### Imports


In [13]:
import nltk
from nltk.corpus import wordnet as wn
import json
import polars as pl

from collections import Counter

# Download WordNet data
nltk.download('wordnet')

import sys
sys.path.append('..')
from utils import utils as u

[nltk_data] Downloading package wordnet to
[nltk_data]     C:\Users\r.borra\AppData\Roaming\nltk_data...
[nltk_data]   Package wordnet is already up-to-date!


### Funzione per ricavare il Genus di una frase

In [14]:
def get_genus(sentence):
    genus = []

    comma_split = sentence.split(',')

    splitted_sent = []

    for cs in comma_split:
        if cs.split('.') != '':
            splitted_sent += cs.split('.')

    if '' in splitted_sent:
        splitted_sent.remove('')

    # Pattern di identificazione del genus
    targets = {
        1: [["it"], ["is", "'s"], ["a", "an", "the", "for"]],
        2: [["that", "of", "to"]],
        3: [["a", "an", "for", "to"]]
    }

    for sentence in splitted_sent:
        tokenized_def = u.get_lemmatized_tokens_list_pos(u.tokenizer(sentence))
        # print(tokenized_def)

        for i in range(0, len(tokenized_def)):
            if i > 0 and tokenized_def[i][0].lower() in targets[2][0]:
                if tokenized_def[i-1][0] not in genus and tokenized_def[i-1][1] == 'n':
                    genus.append(tokenized_def[i-1][0])

            if (i < len(tokenized_def)-1):
                if tokenized_def[i][1] == 'a' and tokenized_def[i+1][1] == 'n' and tokenized_def[i+1][0] not in genus:
                    genus.append(tokenized_def[i+1][0])

            if i < len(tokenized_def)-2 and tokenized_def[i][0].lower() in targets[3][0]:
                if tokenized_def[i+1][0] not in genus and tokenized_def[i+1][1] == 'n':
                    genus.append(tokenized_def[i+1][0])

                elif tokenized_def[i+1][1] == 'a' and tokenized_def[i+2][1] == 'n':
                    genus.append(tokenized_def[i+2][0])

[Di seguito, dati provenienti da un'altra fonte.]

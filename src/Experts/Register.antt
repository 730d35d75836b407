-- ===== src/Experts/Register.antt =====
-- `registerExpert` and the lookup by id alone, expert_manager.cpp.
use hypermoe_engine.Base.{ℕ, ◌-◌, ◌^◌, none, some, List, [], ◌∷◌, ◌++◌, ltb, ◌==◌, if◌then◌else◌}
use hypermoe_engine.Base.Word.{add64}
use hypermoe_engine.Base.Outcome.{
  Outcome, ok, throws, invalid_argument, overflow_error, logic_error, out_of_range,
}
use hypermoe_engine.Base.Map.{Map, lookup, put, erase, emplace, has}
use hypermoe_engine.Memory.Tier.{nvme, same}
use hypermoe_engine.Cache.Policy.{CachePolicy}
use hypermoe_engine.Experts.State.{Expert, ManagedExpert, ExpertManager, M, key, give_back}
use hypermoe_engine.Experts.Steps.{Done}
use hypermoe_engine.Experts.Operations.{move_locked}

-- `legacyExperts_[id].push_back(key)`
unfoldable pub legacy_keys : ℕ → Map (List ℕ) → List ℕ
unfolding lookup
legacy_keys id m = elim (lookup id m) [ none ↦ [] | some ks ↦ ks ]

unfoldable pub without : ℕ → List ℕ → List ℕ
without k [] = []
without k (j ∷ ks) = let rest = without k ks in if j == k then rest else j ∷ rest

unfoldable pub drop_legacy : ℕ → ℕ → Map (List ℕ) → Map (List ℕ)
unfolding legacy_keys without put erase
drop_legacy id k m = elim (without k (legacy_keys id m)) [
  | [] ↦ erase id m
  | j ∷ ks ↦ put id (j ∷ ks) m
]

abbrev pub new_expert : Expert → ℕ → ManagedExpert
new_expert e policy_id = record {
  metadata = record e { location = nvme };
  policy_id = policy_id;
  allocation = none;
  weights = none;
  device_weights = none;
  residency_leases = 0;
  usage_count = 0;
  last_used = 0;
}

module _ {P : CachePolicy} where
  unfoldable pub insert_expert : Expert → ExpertManager P → ExpertManager P
  unfolding emplace put legacy_keys add64
  insert_expert e s =
      let k = key e.layer e.id in
      record s {
        experts = emplace k (new_expert e s.next_policy_id) s.experts;
        policy_experts = emplace s.next_policy_id k s.policy_experts;
        legacy_experts = put e.id (legacy_keys e.id s.legacy_experts ++ k ∷ []) s.legacy_experts;
        next_policy_id = add64 s.next_policy_id 1;
      }

  -- The `catch (...)` block of `registerExpert`.
  unfoldable pub remove_expert : Expert → ℕ → ExpertManager P → ExpertManager P
  unfolding give_back erase drop_legacy
  remove_expert e policy_id s =
      let k = key e.layer e.id in
      let freed : ExpertManager P = elim (lookup k s.experts) [
        | none ↦ s
        | some x ↦ elim x.allocation [ none ↦ s | some a ↦ give_back a.id s ]
      ] in
      record freed {
        experts = erase k freed.experts;
        policy_experts = erase policy_id freed.policy_experts;
        legacy_experts = drop_legacy e.id k freed.legacy_experts;
      }

  unfoldable pub or_remove : Expert → ℕ → Outcome Done → M P Done
  unfolding remove_expert
  or_remove e policy_id (ok d) s = (ok d, s)
  or_remove e policy_id (throws x) s = (throws x, remove_expert e policy_id s)

  -- The new expert is moved to the tier that it asks for.
  unfoldable pub enrol : Expert → M P Done
  enrol e s =
      let inserted = insert_expert e s in
      if same e.location nvme
      then (ok tt, inserted)
      else (let (r, t) = move_locked e.layer e.id e.location (s.next_policy_id ∷ []) inserted in
          or_remove e s.next_policy_id r t)

  unfoldable pub register : Expert → M P Done
  register e s =
      if e.size_bytes == 0
      then (throws invalid_argument, s)
      else if has (key e.layer e.id) s.experts
      then (throws invalid_argument, s)
      else if ltb (2 ^ 32 - 1) s.next_policy_id
      then (throws overflow_error, s)
      else enrol e s

  unfoldable pub resolve_legacy_layer : ℕ → M P ℕ
  unfolding legacy_keys lookup
  resolve_legacy_layer id s = elim (legacy_keys id s.legacy_experts) [
    | [] ↦ (throws out_of_range, s)
    | k ∷ [] ↦ elim (lookup k s.experts) [
      | none ↦ (throws out_of_range, s)
      | some e ↦ (ok e.metadata.layer, s)
    ]
    | k ∷ j ∷ ks ↦ (throws logic_error, s)
  ]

            if (i < len(tokenized_def)-3):
                if tokenized_def[i][0].lower() in targets[1][0] and (tokenized_def[i+1][0] in targets[1][1]) and (tokenized_def[i+2][0] in targets[1][2]):
                    if tokenized_def[i+3][0] not in genus:
                        genus.append(tokenized_def[i+3][0])
    return genus


### Creo la struttura dati

La struttura dati utilizzata avrà la seguente forma: 
$$data[word] = [definition_i, definition_{i+1}, ..., definition_n]$$

In [15]:
df = json.loads(pl.read_csv(
    "../datasets/TLN-definitions-23.tsv", separator='\t').write_json())

data = {}

for col in df['columns']:
    if col['name'] != '1':
        data[col['name']] = []
        for v in col['values']:
            data[col['name']].append(v)
            

### Per ogni definizione, trovo il genus e poi prendo i 2 più frequenti

In [16]:
def get_more_frequent_genus(sentences):
    genus_freq_dict = {}

    for sent in sentences:
        genus_list = get_genus(sent)
        for genus in genus_list:
            if genus in genus_freq_dict:
                genus_freq_dict[genus] += 1
            else:
                genus_freq_dict[genus] = 1
    genus_freq_dict = sorted(genus_freq_dict.items(), key=lambda x: x[1], reverse=True)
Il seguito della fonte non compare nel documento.